L'enquête « Santé bucco-dentaire et maladies chroniques : données issues de la littérature et analyse de l'utilisation des services dans le secteur complémentaire brésilien », disponible en téléchargement sur le site de l'IESS, souligne que la réduction ne se limite pas aux procédures préventives. Au cours de la période analysée, on a également enregistré une baisse des premières consultations dentaires (-24,9%), des restaurations de dents permanentes (-41%), des extractions (-39,2%) et des prothèses dentaires unitaires (-44,9%), indiquant des changements dans les différentes étapes de la gamme de soins dentaires.
Pour l’IESS, les données suggèrent des changements persistants dans les modes d’utilisation des services dentaires, y compris après la période la plus critique de la pandémie de Covid-19.
« La croissance de la couverture dentaire démontre la consolidation du secteur complémentaire au Brésil. En même temps, les données montrent des changements pertinents dans le modèle d'utilisation des services dentaires au cours des dernières années, surtout après la pandémie, un sujet qui mérite une surveillance continue du secteur », déclare Denizar Vianna, surintendant exécutif de l'IESS.
L’étude souligne également que la santé bucco-dentaire doit être comprise comme faisant partie intégrante de la santé générale. Une revue de la littérature scientifique sur les travaux a identifié une association cohérente entre la maladie parodontale, l'inflammation systémique et les maladies chroniques, telles que les maladies cardiovasculaires et le diabète.

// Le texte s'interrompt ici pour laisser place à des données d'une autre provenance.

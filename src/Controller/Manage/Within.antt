-- ===== src/Controller/Manage/Within.antt =====
-- Managing a job makes requests for that job only, and keeps its metadata.
use kubeflow_controller.Common.{ℕ, zero, suc, String, Bool, true, some, List, [], ◌∷◌, refl}
use kubeflow_controller.Common.Int.{ℤ, rounds}
use kubeflow_controller.Common.Outcome.{Outcome, ok, fail, panic, deref}
use kubeflow_controller.Common.Go.{Go, zoom, gets, modify, ◌>>=◌}
use kubeflow_controller.Common.Go.Keeps.{
  Preorder, Keeps, >>=-Keeps, >>-Keeps, and_then-Keeps, zoom-Keeps, lift-Keeps, pure-Keeps,
}
use kubeflow_controller.Api.{ObjectMeta, PodTemplateSpec, Service, TfJob}
use kubeflow_controller.Checker.{tf_replica_ps, tf_replica_worker}
use kubeflow_controller.Platform.{Platform, Sync}
use kubeflow_controller.Platform.Cluster.{Session, Call}
use kubeflow_controller.Platform.Cluster
use kubeflow_controller.Platform.Requests.{IsServiceFor, Sent-none, Within}
use kubeflow_controller.Common.Map.{lookup, insert, lookup-insert}
use kubeflow_controller.Common.Text.{decimal}
use kubeflow_controller.Control.Within.{ForJob, invoke-Within, create_service-Within}
use kubeflow_controller.Tensorflow.Types.{
  Event, ActionType, should_add_ps, should_add_ps_service, should_add_worker,
  should_add_worker_service, should_delete, nothing,
}
use kubeflow_controller.Tensorflow.Distributed.Spec.{DistributedJob, get_labels}
use kubeflow_controller.Tensorflow.Distributed.{get_spec, get_service}
use kubeflow_controller.Tensorflow.Metadata.{
  get_spec-same, get_service-same, action-same, Drawing, Jobs,
}
use kubeflow_controller.Controller.Util.{new_controller_ref}
use kubeflow_controller.Controller.Helper.{create_pod, create_service}
use kubeflow_controller.Controller.Manage.{
  observe, expect, lowered, try_create_pod, try_create_service, go_on, Managed, on_job, on_sync,
  add_service, add_services, add_pod, add_pods, manage_action, manage_events, manage_distributed,
}

-- Managing may make pods and services.
abbrev pub always : ObjectMeta → Bool
always meta = true

module _ (p : Platform) where
  open p use {machinery, cluster, names}

  pub create_pod-Within :
      (job : TfJob) (template : PodTemplateSpec)
      → Keeps (ForJob machinery cluster always job.metadata) (create_pod p job template)
  unfolding create_pod new_controller_ref
  create_pod-Within job template =
      invoke-Within machinery cluster always job.metadata
        (Cluster.create_pod job.metadata.namespace template (new_controller_ref job))
        (refl, refl, refl, refl, refl, refl)

  pub helper_create_service-Within :
      (job : TfJob) (service : Service)
      → IsServiceFor job.metadata service
      → Keeps (ForJob machinery cluster always job.metadata) (create_service p job service)
  unfolding create_service
  helper_create_service-Within job service h =
      create_service-Within machinery cluster always job.metadata service (some job.metadata)
        (some (new_controller_ref job)) refl h

  -- A sync on behalf of the job with this metadata.
  abbrev pub ForSync : ObjectMeta → Preorder (Sync p)
  ForSync meta = Within always (λ (_ : Sync p). meta) (λ (s : Sync p). s.session.calls)

  lowered-Within :
      (meta : ObjectMeta) (key : String) (r : Outcome (Unit {0}))
      → Keeps (ForSync meta) (λ s. lowered p key (r, s))
  unfolding observe
  lowered-Within meta key (ok a) = record { apply = λ s. (ForSync meta).same s }
  lowered-Within meta key (fail e) = record {
    apply = λ s. (refl, Sent-none always meta s.session.calls);
  }
  lowered-Within meta key (panic f) = record { apply = λ s. (ForSync meta).same s }

  in_session-Within :
      (meta : ObjectMeta) {m : Go (Session cluster) (Unit {0})}
      → Keeps (ForJob machinery cluster always meta) m
      → Keeps (ForSync meta) (zoom (λ (s : Sync p). s.session) (λ x s. record s { session = x }) m)
  in_session-Within meta h =
      zoom-Keeps (ForJob machinery cluster always meta) (ForSync meta) (λ s. s.session)
        (λ x s. record s { session = x }) (λ t s k. k) h

  pub try_create_pod-Within :
      (key : String) (job : TfJob) (template : PodTemplateSpec)
      → Keeps (ForSync job.metadata) (try_create_pod p key job template)
  unfolding try_create_pod
  try_create_pod-Within key job template = record {
    apply =
        and_then-Keeps (ForSync job.metadata) (λ r s. lowered p key (r, s))
          (in_session-Within job.metadata (create_pod-Within job template))
          (lowered-Within job.metadata key);
  }

  try_create_service-Within :
      (key : String) (job : TfJob) (service : Service)
      → IsServiceFor job.metadata service
      → Keeps (ForSync job.metadata) (try_create_service p key job service)
  unfolding try_create_service
  try_create_service-Within key job service h = record {
    apply =
        and_then-Keeps (ForSync job.metadata) (λ r s. lowered p key (r, s))
          (in_session-Within job.metadata (helper_create_service-Within job service h))
          (lowered-Within job.metadata key);
  }

  -- Managing the distributed job.
  abbrev pub Managing : Preorder (Managed p)
  Managing =
      Within always (λ (s : Managed p). s.0.tf_job.metadata) (λ (s : Managed p). s.1.session.calls)

  on_sync-Within :
      {A : Type 0} (s : Managed p) (m : Go (Sync p) A)
      → Keeps (ForSync s.0.tf_job.metadata) m
      → Managing.Rel s (on_sync p m s).1
  on_sync-Within s m h = h.apply s.1

  on_job-Within :
      {A : Type 0} {m : Go (DistributedJob × names.Gen) A}
      → Keeps (Drawing names) m
      → Keeps Managing (on_job p m)
  on_job-Within h =
      zoom-Keeps (Drawing names) Managing (λ s. (s.0, s.1.gen))
        (λ t s. (t.0, record s.1 { gen = t.1 }))
        (λ t s k. (k, Sent-none always t.0.tf_job.metadata t.1.session.calls)) h

  go_on-Within : (r : Outcome (Unit {0})) → Keeps Managing (λ s. go_on p (r, s))
  go_on-Within (ok a) = record { apply = λ s. Managing.same s }
  go_on-Within (fail e) = record { apply = λ s. Managing.same s }
  go_on-Within (panic f) = record { apply = λ s. Managing.same s }

  create_one-Rel :
      (key : String) (service : Service) (s : Managed p)
      → IsServiceFor s.0.tf_job.metadata service
      → Managing.Rel s (go_on p (on_sync p (try_create_service p key s.0.tf_job service) s)).1
  create_one-Rel key service s h =
      let mid = on_sync p (try_create_service p key s.0.tf_job service) s in
      Managing.through s mid.1 (go_on p mid).1
        (on_sync-Within s (try_create_service p key s.0.tf_job service)
          (try_create_service-Within key s.0.tf_job service h))
        ((go_on-Within mid.0).apply mid.1)

  add_service-Within : (key typ : String) (i : ℕ) → Keeps Managing (add_service p key typ i)
  unfolding add_service get_service get_labels lookup
  add_service-Within key typ i = record {
    apply = λ s.
        let mid = on_job p (get_service names typ i) s in
        Managing.through s mid.1 (add_service p key typ i s).1
          ((on_job-Within (get_service-same names typ i)).apply s)
          (create_one-Rel key _ mid.1 (
            refl,
            (
              insert "index" (decimal i) (get_labels s.0 typ),
              refl,
              lookup-insert "index" "tf_job_name" (decimal i) (get_labels s.0 typ),
            ),
          ));
  }

  add_services-Within : (key typ : String) (n i : ℕ) → Keeps Managing (add_services p key typ i n)
  unfolding add_services
  add_services-Within key typ zero i = pure-Keeps Managing tt
  add_services-Within key typ (suc n) i =
      >>-Keeps Managing (add_service-Within key typ i) (add_services-Within key typ n (suc i))

  pod_template-Within :
      (key : String) (template : PodTemplateSpec)
      → Keeps Managing (
          gets (λ (s : Managed p). s.0.tf_job) >>= λ job.
          on_sync p (try_create_pod p key job template))
  pod_template-Within key template = record {
    apply = λ s.
        on_sync-Within s (try_create_pod p key s.0.tf_job template)
          (try_create_pod-Within key s.0.tf_job template);
  }

  get_spec-Within :
      (typ : String) (i : ℕ)
      → Keeps Managing (zoom (λ (s : Managed p). s.0) (λ dj s. (dj, s.1)) (get_spec typ i))
  get_spec-Within typ i =
      zoom-Keeps Jobs Managing (λ s. s.0) (λ dj s. (dj, s.1))
        (λ t dj k. (k, Sent-none always t.0.tf_job.metadata t.1.session.calls))
        (get_spec-same typ i)

  add_pod-Within : (key typ : String) (i : ℕ) → Keeps Managing (add_pod p key typ i)
  unfolding add_pod
  add_pod-Within key typ i = >>=-Keeps Managing (get_spec-Within typ i) λ spec.
      >>=-Keeps Managing (lift-Keeps Managing (deref spec.template))
        λ template. pod_template-Within key template

  add_pods-Within : (key typ : String) (n i : ℕ) → Keeps Managing (add_pods p key typ i n)
  unfolding add_pods
  add_pods-Within key typ zero i = pure-Keeps Managing tt
  add_pods-Within key typ (suc n) i =
      >>-Keeps Managing (add_pod-Within key typ i) (add_pods-Within key typ n (suc i))

  expect-Within : (key : String) (n : ℤ) → Keeps Managing (on_sync p (modify (expect p key n)))
  unfolding expect
  expect-Within key n = record { apply = λ s. Managing.same s }

  manage_action-Within :
      (key : String) (action : ActionType) (n : ℤ) → Keeps Managing (manage_action p key action n)
  unfolding manage_action
  manage_action-Within key should_add_worker_service n =
      >>-Keeps Managing (expect-Within key n)
        (add_services-Within key tf_replica_worker (rounds n) 0)
  manage_action-Within key should_add_ps_service n =
      >>-Keeps Managing (expect-Within key n) (add_services-Within key tf_replica_ps (rounds n) 0)
  manage_action-Within key should_add_worker n =
      >>-Keeps Managing (expect-Within key n) (add_pods-Within key tf_replica_worker (rounds n) 0)
  manage_action-Within key should_add_ps n =
      >>-Keeps Managing (expect-Within key n) (add_pods-Within key tf_replica_ps (rounds n) 0)
  manage_action-Within key nothing n = pure-Keeps Managing tt
  manage_action-Within key should_delete n = pure-Keeps Managing tt

  manage_events-Within :
      (key : String) (events : List Event) → Keeps Managing (manage_events p key events)
  unfolding manage_events
  manage_events-Within key [] = pure-Keeps Managing tt
  manage_events-Within key (event ∷ events) =
      >>-Keeps Managing (manage_action-Within key event.action event.number)
        (manage_events-Within key events)

  pub manage_distributed-Within : (key : String) → Keeps Managing (manage_distributed p key)
  unfolding manage_distributed
  manage_distributed-Within key =
      >>=-Keeps Managing (on_job-Within (action-same names)) (manage_events-Within key)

Selon la publication, bien que des études internationales soulignent des associations possibles entre la santé bucco-dentaire, le contrôle glycémique et les résultats cardiovasculaires, des incertitudes scientifiques subsistent quant aux effets cliniques directs du traitement dentaire sur la réduction des événements cardiovasculaires majeurs. L'étude souligne qu'une partie importante des preuves disponibles proviennent d'études observationnelles, sujettes à des facteurs de confusion et à des biais méthodologiques.
Dans le cas du diabète, les revues systématiques analysées par l'étude suggèrent que le traitement parodontal peut contribuer à améliorer le contrôle glycémique chez certains patients atteints de diabète de type 2, même si les résultats montrent encore une hétérogénéité entre les études.
L'enquête attire également l'attention sur l'impact cumulatif des affections bucco-dentaires tout au long de la vie. Chez les personnes âgées de 65 à 74 ans, le nombre moyen de dents perdues atteint 19,86, tandis que la prévalence de l'édentement atteint 36,48 %, affectant directement la nutrition, la communication et la qualité de vie.
De plus, les données montrent que les problèmes buccodentaires commencent dès l’enfance. Chez les enfants âgés de 5 ans, la prévalence des caries non traitées atteint 46,83%, tandis que 37,17% n'ont jamais consulté le dentiste.
L'IESS souligne que les résultats soulignent l'importance d'élargir la compréhension de la santé bucco-dentaire en tant que composante d'une santé globale et d'approfondir la production de preuves scientifiques sur ses impacts systémiques.
« Les soins dentaires doivent être compris dans une perspective plus large de la santé tout au long de la vie. Les preuves scientifiques dans ce domaine ont considérablement progressé ces dernières années et renforcent la pertinence de la santé bucco-dentaire dans le contexte de soins complets », évalue Denizar.